Segment Open

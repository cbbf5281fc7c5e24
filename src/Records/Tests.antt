-- ===== src/Records/Tests.antt =====
-- The record editor at concrete inputs.
use osa_sp.Base.{
  ℕ, ◌≡◌, ◌≢◌, ◌⊎◌, refl, true, false, some, List, [], ◌∷◌, get_elem?, set, arith, replicate,
}
use osa_sp.Records.{Record, Editor, Round, updated, do_put}
use osa_sp.Records.Input.{until_null}
use osa_sp.Records.Fetch.{ask_name}
use osa_sp.Records.Fetch.Edits.{IsRecord, ask_name_edits}
use osa_sp.Records.Rounds.{OthersOnly}
use osa_sp.Records.Save.{do_put_never_overwrites, do_put_saves, conflict_loses_edit}

-- a device with this inventory number
abbrev device : ℕ → Record
device n = record { device_name = 68 ∷ 0 ∷ []; location = 76 ∷ 0 ∷ []; inventory_number = n }

abbrev file : List Record
file = device 1 ∷ device 2 ∷ device 3 ∷ []

-- The second record was fetched and its number changed to 7.
abbrev editing : Editor
editing = record { orig_rec = device 2; work_rec = device 7; last_rec_no = 1; has_work = true }

abbrev quiet_round : Round
quiet_round = record {
  others = λ f. f;
  query_ok = true;
  lock_ok = true;
  read_ok = true;
  write_ok = true;
}

-- Another editor sets the number to 9.
abbrev busy_round : Round
busy_round = record quiet_round { others = λ f. set f 1 (device 9) }

conflict_loses_edit_example :
    do_put (busy_round ∷ quiet_round ∷ []) editing file
    ≡ some (
      updated,
      record editing { orig_rec = device 9; work_rec = device 9; has_work = false },
      device 1 ∷ device 9 ∷ device 3 ∷ [],
    )
conflict_loses_edit_example =
    conflict_loses_edit busy_round quiet_round [] editing file (device 9) refl refl
      (refl, refl, refl, refl) (refl, refl, refl, refl) refl nine_is_not_two refl
  where
    nine_is_not_two : device 9 ≢ device 2
    nine_is_not_two h = cc h

do_put_never_overwrites_example :
    ((r : Round) × (rest : List Round) × ((quiet_round ∷ []) ≡ r ∷ rest)
      × (get_elem? (r.others file) 1 ≡ some (device 2))
      × ((device 1 ∷ device 7 ∷ device 3 ∷ []) ≡ set (r.others file) 1 (device 7))
      × (updated ≡ updated))
    ⊎ OthersOnly (quiet_round ∷ []) file (device 1 ∷ device 7 ∷ device 3 ∷ [])
do_put_never_overwrites_example =
    do_put_never_overwrites (quiet_round ∷ []) editing file updated
      (record editing { has_work = false }) (device 1 ∷ device 7 ∷ device 3 ∷ [])
      (do_put_saves quiet_round [] editing file refl refl (refl, refl, refl, refl) refl)

-- "abc", a newline, an empty line and "12" with a newline
abbrev typing : List ℕ
typing = 97 ∷ 98 ∷ 99 ∷ 10 ∷ 10 ∷ 49 ∷ 50 ∷ 10 ∷ []

-- A fetched record with empty texts.
abbrev fetched : Editor
fetched =
    let r : Record = record {
      device_name = replicate 80 0;
      location = replicate 80 0;
      inventory_number = 5;
    } in
    record { orig_rec = r; work_rec = r; last_rec_no = 0; has_work = true }

fetched-IsRecord : IsRecord fetched.work_rec
unfolding until_null
fetched-IsRecord = record {
  name = (refl, omega arith);
  place = (refl, omega arith);
  number = omega arith;
}

ask_name_edits_example :
    (e' : Editor) × (left : List ℕ) × (ask_name fetched typing ≡ some (e', left))
    × IsRecord e'.work_rec
    × (e'.orig_rec ≡ fetched.orig_rec)
    × (e'.last_rec_no ≡ 0)
    × (e'.has_work ≡ true)
ask_name_edits_example = ask_name_edits fetched typing fetched-IsRecord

Segment Closed

PROBLEM TO WORK ON >> Start at the first line of the material and transcribe each line exactly, stopping once the line containing "abbrev device : ℕ → Record" has been written.

RESPONSE >>
repository cbbf5281fc7c5e24
filename src/Records/Tests.antt
-- ===== src/Records/Tests.antt =====
-- The record editor at concrete inputs.
use osa_sp.Base.{
  ℕ, ◌≡◌, ◌≢◌, ◌⊎◌, refl, true, false, some, List, [], ◌∷◌, get_elem?, set, arith, replicate,
}
use osa_sp.Records.{Record, Editor, Round, updated, do_put}
use osa_sp.Records.Input.{until_null}
use osa_sp.Records.Fetch.{ask_name}
use osa_sp.Records.Fetch.Edits.{IsRecord, ask_name_edits}
use osa_sp.Records.Rounds.{OthersOnly}
use osa_sp.Records.Save.{do_put_never_overwrites, do_put_saves, conflict_loses_edit}

-- a device with this inventory number
abbrev device : ℕ → Record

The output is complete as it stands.